Mika Kaurismäki finishes shooting Master Cheng in Finland
by Marta Bałaga
- The noted Finnish filmmaker follows up his historical drama The Girl King with a gentle story about a Chinese chef coming to Lapland, which will wrap after an additional shoot in China
Master Cheng, one of the first Finnish-Chinese co-productions, has wrapped filming in Lapland, including in the town of Sodankylä, where in 1986 Mika Kaurismäki co-founded the legendary Midnight Sun Film Festival alongside his brother Aki.
“Our screenwriter, Hannu Oravisto, had quite a different story in mind, but the basic idea was to make a film about Chinese people coming to Finland. When I read it, I decided it needed to be Lapland,” the director explains to Cineuropa. “It’s a great place for two cultures to meet, precisely because it’s so isolated. There, when you meet people, you really need to face them.”
Aided by his regular actors Kari Väänänen and Vesa-Matti Loiri in the supporting roles, as well as Anna-Maija Tuokko in the lead, Kaurismäki tells the story of a restaurant owner (played by award-winning stage actor Chu Pak-hong) travelling with his young son to a remote village in Finland to visit a friend, following a personal tragedy. But instead of focusing on negativity and culture clashes, the Finnish director decided to, as he puts it, “show globalisation in a positive way”.
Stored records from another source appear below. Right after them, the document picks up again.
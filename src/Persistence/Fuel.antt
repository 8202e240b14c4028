-- ===== src/Persistence/Fuel.antt =====
-- The fuel of the loading loop of src/persistence.c, on any file.
use in_mem_db.Base.{
  Bytes, [], ◌∷◌, ℕ, zero, suc, ◌≤◌, ◌<◌, ◌≡◌, ◌⊎◌, inl, inr, length, length-drop, Option-cases,
  arith, refl, ℤ, str_eq, codes, Bool, some, true, false,
}
use in_mem_db.World.{World, ◌>>=◌, malloc, free, store, if-either}
use in_mem_db.HashTable.{HashTable}
use in_mem_db.Stdio.{scan_size, scan_long, scan_word, fread}
use in_mem_db.Stdio.Lengths.{
  Leaves, scan_size-Leaves, scan_long-Leaves, scan_word-Leaves, scan_word-Shorter, expect-cases,
}
use in_mem_db.Persistence.{
  Loaded, stopped, next, read_string, read_exat, read_expiry, restore, load_set, load_del,
  load_line, load_lines,
}

-- A round that goes on leaves at most `n` bytes of the file.
abbrev Goes : ℕ → Loaded → Type 0
Goes n (stopped t) = Unit
Goes n (next t file) = length file ≤ n

Goes-≤ : (m n : ℕ) (l : Loaded) → m ≤ n → Goes m l → Goes n l
Goes-≤ m n (stopped t) le h = tt
Goes-≤ m n (next t file) le h = omega arith

read_string-Leaves : (file : Bytes) (w : World) → Leaves (length file) (read_string file w).0
unfolding read_string fread malloc free store
read_string-Leaves file w = elim (Option-cases (scan_size file)) [
  | inl h ↦ rw (h, read_string) tt
  | inr ((n, after), h) ↦
      let first : length after ≤ length file = rw h at (scan_size-Leaves file) in
      elim (expect-cases b':' after) [
        | inl e ↦ rw (h, e, read_string) tt
        | inr (rest, e, less) ↦ rw (h, e, read_string) (ground (arith, length-drop n rest, first))
      ]
]

read_exat-Leaves : (file : Bytes) → Leaves (length file) (read_exat file)
unfolding read_exat
read_exat-Leaves file = elim (Option-cases (scan_word 4 file)) [
  | inl h ↦ rw (h, read_exat) tt
  | inr ((word, after), h) ↦
      let first : length after ≤ length file = rw h at (scan_word-Leaves 3 file) in
      elim (Option-cases (scan_long after)) [
        | inl l ↦ rw (h, l, read_exat) tt
        | inr ((x, after'), l) ↦
            let second : length after' ≤ length after = rw l at (scan_long-Leaves after) in
            elim (expect-cases 10 after') [
              | inl e ↦ rw (h, l, e, read_exat) (ground arith)
              | inr (rest, e, less) ↦ rw (h, l, e, read_exat) (ground (arith, first, second))
            ]
      ]
]

read_expiry-Leaves : (file : Bytes) → Leaves (length file) (read_expiry file)
unfolding read_expiry
read_expiry-Leaves [] = tt
read_expiry-Leaves (c ∷ file) = elim (Option-cases (read_exat file)) [
  | inl h ↦ ground arith
  | inr ((x, rest), h) ↦
      let less : length rest ≤ length file = rw h at (read_exat-Leaves file) in ground arith
]

restore-Goes :
    (t : HashTable) (k v : Bytes) (e : ℤ) (file : Bytes) (w : World)
    → Goes (length file) (restore t k v e file w).0
unfolding restore free
restore-Goes t k v e file w = ground arith

load_set-Goes :
    (t : HashTable) (file : Bytes) (w : World) → Goes (length file) (load_set t file w).0
unfolding load_set
load_set-Goes t file w =
    let w' = (read_string file w).1 in
    elim (Option-cases (read_string file w).0) [
      | inl h ↦ rw (h, load_set, ◌>>=◌, Goes) tt
      | inr ((k, after), h) ↦
          let first : length after ≤ length file = rw h at (read_string-Leaves file w) in
          elim (Option-cases (read_string after w').0) [
            | inl g ↦ rw (h, g, load_set, ◌>>=◌, Goes) tt
            | inr ((v, after'), g) ↦
                let second : length after' ≤ length after = rw g at (read_string-Leaves after w') in
                elim (Option-cases (read_expiry after')) [
                  | inl x ↦ rw (h, g, x, load_set, ◌>>=◌, Goes) tt
                  | inr ((e, rest), x) ↦
                      let third : length rest ≤ length after' =
                        rw x at (read_expiry-Leaves after') in
                      rw (h, g, x, load_set, ◌>>=◌, Goes)
                        (Goes-≤ (length rest) (length file) _ (omega arith)
                          (restore-Goes t k v e rest (read_string after w').1))
                ]
          ]
    ]

load_del-Goes :
    (t : HashTable) (file : Bytes) (w : World) → Goes (length file) (load_del t file w).0
unfolding load_del free
load_del-Goes t file w = elim (Option-cases (read_string file w).0) [
  | inl h ↦ rw (h, load_del, ◌>>=◌, Goes) tt
  | inr ((k, after), h) ↦
      let first : length after ≤ length file = rw h at (read_string-Leaves file w) in
      elim (expect-cases 10 after) [
        | inl e ↦ rw (h, e, load_del, ◌>>=◌, Goes) tt
        | inr (rest, e, less) ↦ rw (h, e, load_del, ◌>>=◌, Goes) (omega (arith, first))
      ]
]

load_line-Goes :
    (t : HashTable) (command file : Bytes) (w : World)
    → Goes (length file) (load_line t command file w).0
unfolding load_line
load_line-Goes t command file w =
    if-either (λ r. Goes (length file) r.0) (str_eq command (codes "SET")) _ _ w
      (load_set-Goes t file w)
      (if-either (λ r. Goes (length file) r.0) (str_eq command (codes "DEL")) _ _ w
        (load_del-Goes t file w) tt)

pub Loaded-cases :
    (l : Loaded)
    → ((t : HashTable) × (l ≡ stopped t)) ⊎ ((t : HashTable) × (file : Bytes) × (l ≡ next t file))
Loaded-cases (stopped t) = inl (t, refl)
Loaded-cases (next t file) = inr (t, file, refl)

-- Above the number of bytes of the file, whatever the file holds and the world answers, the loading
-- loop ends by its own tests, with a result and a table, and does the same with every such fuel.
pub load_lines-fuel :
    (f g : ℕ) (t : HashTable) (file : Bytes) (w : World)
    → length file < f
    → length file < g
    → (r : Bool × HashTable) × (w' : World) × (load_lines f t file w ≡ (some r, w'))
      × (load_lines g t file w ≡ (some r, w'))
unfolding load_lines
load_lines-fuel zero g t file w hf hg = absurd (omega arith)
load_lines-fuel (suc f) zero t file w hf hg = absurd (omega arith)
load_lines-fuel (suc f) (suc g) t file w hf hg = elim (scan_word-Shorter 2 file) [
  | inl h ↦ rw (h, load_lines) ((true, t), w, refl, refl)
  | inr (command, after, h, less) ↦
      let w' = (load_line t command after w).1 in
      elim (Loaded-cases (load_line t command after w).0) [
        | inl (t', l) ↦ rw (h, l, load_lines, ◌>>=◌) ((false, t'), w', refl, refl)
        | inr (t', rest, l) ↦
            let shorter : length rest ≤ length after = rw l at (load_line-Goes t command after w) in
            rw (h, l, load_lines, ◌>>=◌)
              (load_lines-fuel f g t' rest w' (omega arith) (omega arith))
      ]
]
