-- ===== src/Persistence/Rewrite.antt =====
-- `persistence_rewrite` of src/persistence.c: what it puts into the file.
use in_mem_db.Base.{
  List, [], ◌∷◌, ◌++◌, Bytes, ℤ, ℕ, suc, some, ◌≡◌, ◌∙◌, refl, sym, true, false, Bool, Bool-cases,
  inl, inr, ◌⊎◌, if◌then◌else◌, arith, append_assoc, append-nil,
}
use mathlib.Core.List.{flatten}
use in_mem_db.World.{World, ahead, time, fprintf}
use in_mem_db.Entry.{Entry, entry_is_expired}
use in_mem_db.HashTable.{HashTable}
use in_mem_db.HashTable.Reads.{expired_at, entry_is_expired-eq}
use in_mem_db.Persistence.{
  rewrite_chain, rewrite_buckets, persistence_rewrite, fopen_tmp, fclose_tmp, rename_tmp, set_line,
}
use in_mem_db.Persistence.Log.{Change, put, log_text, log_text-append}

-- The puts of the entries that have not expired at `now`.
abbrev pub puts : ℤ → List Entry → List Change
puts now [] = []
puts now (e ∷ es) =
    let rest = puts now es in
    if expired_at now e then rest else put e.key e.value e.expires_at ∷ rest

puts-append : (now : ℤ) (xs ys : List Entry) → puts now (xs ++ ys) ≡ puts now xs ++ puts now ys
puts-append now [] ys = refl
puts-append now (e ∷ xs) ys = elim (Bool-cases (expired_at now e)) [
  | inl gone ↦ rw (gone, puts-append now xs ys)
  | inr live ↦ rw (live, puts-append now xs ys)
]

-- What printing some changes leaves at a clock that stands at `now`: they are behind what the buffer
-- held, or a call has failed; the file is not touched.
record Printed (now : ℤ) (changes : List Change) (pending : Bytes) (w : World)
    (r : (Bool × Bytes) × World) : Type 0 where
  outcome : ((r.0.0 ≡ true) × (r.0.1 ≡ pending ++ log_text changes)) ⊎ (r.0.0 ≡ false)
  aof : r.1.aof ≡ w.aof
  clock : (n : ℕ) → r.1.clock n ≡ now

test_still :
    (now : ℤ) (e : Entry) (w : World)
    → ((n : ℕ) → w.clock n ≡ now)
    → ((entry_is_expired e w).0 ≡ expired_at now e)
      × ((entry_is_expired e w).1.aof ≡ w.aof)
      × ((n : ℕ) → (entry_is_expired e w).1.clock n ≡ now)
unfolding entry_is_expired time
test_still now e w h =
    (rw (entry_is_expired-eq e w, h 0), ground arith, λ n. ground (arith, h n, h (suc n)))

rewrite_chain-Printed :
    (now : ℤ) (c : List Entry) (pending : Bytes) (w : World)
    → ((n : ℕ) → w.clock n ≡ now)
    → Printed now (puts now c) pending w (rewrite_chain c pending w)
unfolding rewrite_chain fprintf
rewrite_chain-Printed now [] pending w still = record {
  outcome = inl (refl, sym (append-nil pending));
  aof = refl;
  clock = still;
}
rewrite_chain-Printed now (e ∷ c) pending w still =
    let (test, aof, still') = test_still now e w still in
    let w' = (entry_is_expired e w).1 in
    elim (Bool-cases (expired_at now e)) [
      | inl gone ↦
          let p = rewrite_chain-Printed now c pending w' still' in
          rw (test, gone) (record { outcome = p.outcome; aof = p.aof ∙ aof; clock = p.clock })
      | inr live ↦ elim (Bool-cases (w'.io 0)) [
        | inr torn ↦
            rw (test, live, torn) (record { outcome = inr refl; aof = aof; clock = still' })
        | inl whole ↦
            let line = set_line e.key e.value e.expires_at in
            let w'' = record w' { io = ahead w'.io; torn = ahead w'.torn } in
            let p = rewrite_chain-Printed now c (pending ++ line) w'' still' in
            rw (test, live, whole)
              (record {
                outcome = rw append_assoc at p.outcome;
                aof = p.aof ∙ aof;
                clock = p.clock;
              })
      ]
    ]

rewrite_buckets-Printed :
    (now : ℤ) (bs : List (List Entry)) (pending : Bytes) (w : World)
    → ((n : ℕ) → w.clock n ≡ now)
    → Printed now (puts now (flatten bs)) pending w (rewrite_buckets bs pending w)
unfolding rewrite_buckets flatten
rewrite_buckets-Printed now [] pending w still = record {
  outcome = inl (refl, sym (append-nil pending));
  aof = refl;
  clock = still;
}
rewrite_buckets-Printed now (c ∷ bs) pending w still =
    let p = rewrite_chain-Printed now c pending w still in
    let r = rewrite_chain c pending w in
    elim p.outcome [
      | inr torn ↦ rw torn (record { outcome = inr refl; aof = p.aof; clock = p.clock })
      | inl (whole, text) ↦
          let q = rewrite_buckets-Printed now bs r.0.1 r.1 p.clock in
          rw whole (record {
            outcome = elim q.outcome [
              | inr torn ↦ inr torn
              | inl (good, more) ↦ inl (
                good,
                more
                    ∙ rw (
                      text,
                      puts-append now c (flatten bs),
                      log_text-append (puts now c) (puts now (flatten bs)),
                      append_assoc,
                    ),
              )
            ];
            aof = q.aof ∙ p.aof;
            clock = q.clock;
          })
    ]

-- At a clock that stands at `now`: a rewrite that succeeds leaves in the file just a put for each
-- entry that has not expired, in the order of the buckets; one that fails leaves the file as it was.
pub persistence_rewrite-puts :
    (now : ℤ) (t : HashTable) (w : World)
    → ((n : ℕ) → w.clock n ≡ now)
    → (((persistence_rewrite t w).0 ≡ true)
        × ((persistence_rewrite t w).1.aof ≡ some (log_text (puts now (flatten t.buckets)))))
      ⊎ (((persistence_rewrite t w).0 ≡ false) × ((persistence_rewrite t w).1.aof ≡ w.aof))
unfolding persistence_rewrite fopen_tmp fclose_tmp rename_tmp
persistence_rewrite-puts now t w still = elim (Bool-cases (w.io 0)) [
  | inr no_file ↦ rw no_file (inr (refl, refl))
  | inl file ↦
      let opened = record w { io = ahead w.io; torn = ahead w.torn; tmp = some [] } in
      let p = rewrite_buckets-Printed now t.buckets [] opened still in
      let r = rewrite_buckets t.buckets [] opened in
      elim p.outcome [
        | inr torn ↦ rw (file, torn) (inr (refl, p.aof))
        | inl (whole, text) ↦ rw (file, whole) (ground (arith, p.aof, text))
      ]
]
“Sure, there are some comic situations stemming from all of the cultural misunderstandings, but that’s not the main point. I have been going to Lapland for many years, and last Christmas, we went to a really remote spot. It was full of Chinese people. People are not afraid of America or Trump, but they are afraid of China, which is the biggest powerhouse in the world right now. I am trying to show that we should all learn how to live together.”
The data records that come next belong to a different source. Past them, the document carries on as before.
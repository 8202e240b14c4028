-- ===== src/Persistence/Restart.antt =====
-- A rewrite by src/persistence.c, and the loading of the file that it leaves.
use in_mem_db.Base.{
  List, [], ◌∷◌, Bytes, ℤ, ℕ, Option, none, some, ◌≡◌, ◌∙◌, refl, ap, true, Bool-cases, inl, inr,
  if◌then◌else◌, leb_ℤ, arith, str_eq, All, ◌<◌, str_eq→eq, ◌%◌, sym,
}
use mathlib.Core.List.{flatten}
use in_mem_db.World.{World}
use in_mem_db.Entry.{Entry}
use in_mem_db.HashTable.{HashTable, find_in_chain, hash_key}
use in_mem_db.HashTable.Chain.{Distinct}
use in_mem_db.HashTable.Placed.{find_in_chain-flatten, flatten-Distinct}
use in_mem_db.HashTable.Valid.{IsValid, lookup, lookup-read, fresh, fresh-IsValid, lookup-fresh}
use in_mem_db.HashTable.Reads.{expired_at, visible}
use in_mem_db.Persistence.{persistence_rewrite, persistence_load}
use in_mem_db.Persistence.Log.{Content, put, apply, replay, current, IsWritable}
use in_mem_db.Persistence.Replay.{IsCalm}
use in_mem_db.Persistence.Load.{persistence_load-replay}
use in_mem_db.Persistence.Rewrite.{puts, persistence_rewrite-puts}

-- What is left of an entry after a rewrite at `now` and a loading at `later` onto `d`.
abbrev kept : ℤ → ℤ → Option Entry → Option Entry → Option Entry
kept now later none d = d
kept now later (some e) d = if expired_at now e then d else if expired_at later e then d else some e

kept-visible :
    (now later : ℤ) (o : Option Entry)
    → leb_ℤ now later ≡ true
    → visible later (kept now later o none) ≡ visible later o
kept-visible now later none h = refl
kept-visible now later (some e) h = ground arith

module _ (now later : ℤ) where
  replay-puts :
      (es : List Entry) (f : Content) (q : Bytes)
      → Distinct es
      → replay (current later (puts now es)) f q ≡ kept now later (find_in_chain q es) (f q)
  unfolding find_in_chain
  replay-puts [] f q d = refl
  replay-puts (e ∷ es) f q d =
      let f' = apply (put e.key e.value e.expires_at) f in
      let at_f = replay-puts es f q d.1 in
      let at_f' = replay-puts es f' q d.1 in
      elim (Bool-cases (str_eq e.key q)) [
        | inl same ↦
            let absent : find_in_chain q es ≡ none = rw (str_eq→eq e.key q same) at d.0 in
            elim (Bool-cases (expired_at now e)) [
              | inl gone ↦ rw (gone, same) (at_f ∙ rw (absent, gone))
              | inr live ↦ elim (Bool-cases (expired_at later e)) [
                | inl over ↦ rw (live, over, same) (at_f ∙ rw (absent, live, over))
                | inr stays ↦ rw (live, stays, same) (at_f' ∙ rw (absent, same, live, stays))
              ]
            ]
        | inr other ↦ elim (Bool-cases (expired_at now e)) [
          | inl gone ↦ rw (gone, other) at_f
          | inr live ↦ elim (Bool-cases (expired_at later e)) [
            | inl over ↦ rw (live, over, other) at_f
            | inr stays ↦ rw (live, stays, other) (at_f' ∙ rw other)
          ]
        ]
      ]

find-flatten :
    (t : HashTable) (q : Bytes) → IsValid t → find_in_chain q (flatten t.buckets) ≡ lookup t q
find-flatten t q valid =
    find_in_chain-flatten t.size 0 (hash_key q % t.size) q t.buckets valid.placed (omega arith)
    ∙ sym (lookup-read t q)

-- A valid table rewritten at the time `now`, and the file loaded at a `later` time into a new table of
-- `n` buckets under a heap that grants every block: if the rewrite succeeds and the entries are C
-- strings with 64-bit deadlines, then the loading succeeds, and each key shows the same value as it
-- would in the old table at the later time.
pub persistence_rewrite-load :
    (now later : ℤ) (t : HashTable) (w w' : World) (n : ℕ)
    → leb_ℤ now later ≡ true
    → IsValid t
    → ((i : ℕ) → w.clock i ≡ now)
    → All IsWritable (puts now (flatten t.buckets))
    → (persistence_rewrite t w).0 ≡ true
    → 0 < n
    → IsCalm later (fresh n) w'
    → w'.io 0 ≡ true
    → w'.aof ≡ (persistence_rewrite t w).1.aof
    → ((persistence_load (fresh n) w').0.0 ≡ true)
      × ((q : Bytes)
          → visible later (lookup (persistence_load (fresh n) w').0.1 q)
            ≡ visible later (lookup t q))
persistence_rewrite-load now later t w w' n order valid still writable rewritten some_bucket calm
      opened file =
    let cs = puts now (flatten t.buckets) in
    elim (persistence_rewrite-puts now t w still) [
      | inr (failed, _) ↦ absurd (cc)
      | inl (done, text) ↦
          let r =
            persistence_load-replay later cs (fresh n) w' (fresh-IsValid n some_bucket) calm
              writable opened (file ∙ text) in
          (
            r.done,
            λ q.
                ap (visible later) {y = kept now later (lookup t q) none} (
                  r.reads q
                  ∙ replay-puts now later (flatten t.buckets) (lookup (fresh n)) q
                      (flatten-Distinct t.size 0 t.buckets valid.placed)
                  ∙ rw (find-flatten t q valid, lookup-fresh n q))
                ∙ kept-visible now later (lookup t q) order,
          )
    ]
Aimed at the fast-growing Chinese market, Master Cheng – the details of which were recently unveiled at the Toronto International Film Festival – promises to reach beyond local audiences, especially thanks to its feel-good storyline. “I wouldn’t be able to make a film if I didn’t like my main characters,” says Kaurismäki. “And these ones are likeable, even though their backstory is quite harsh. Vesa and Kari live in Lapland. They fit in within the scenery, but for the Chinese people, it was quite a shock to arrive there. Still, there was this mutual understanding that developed on set, and they adapted quite quickly. Just like in the film, you know?”
Produced by Marianna Films in cooperation with China’s QianJi Culture Co Ltd Hangzhou, with the help of the Lapland Communications and Marketing Office and the Lapland Film Commission, Master Cheng is being distributed by SF Studios and will reach local theatres in 2019. The international sales are being handled by The Yellow Affair, while the Finnish TV rights have been bought by YLE. The movie is being supported by the Finnish Film Foundation and the Nordisk Film & TV Fond.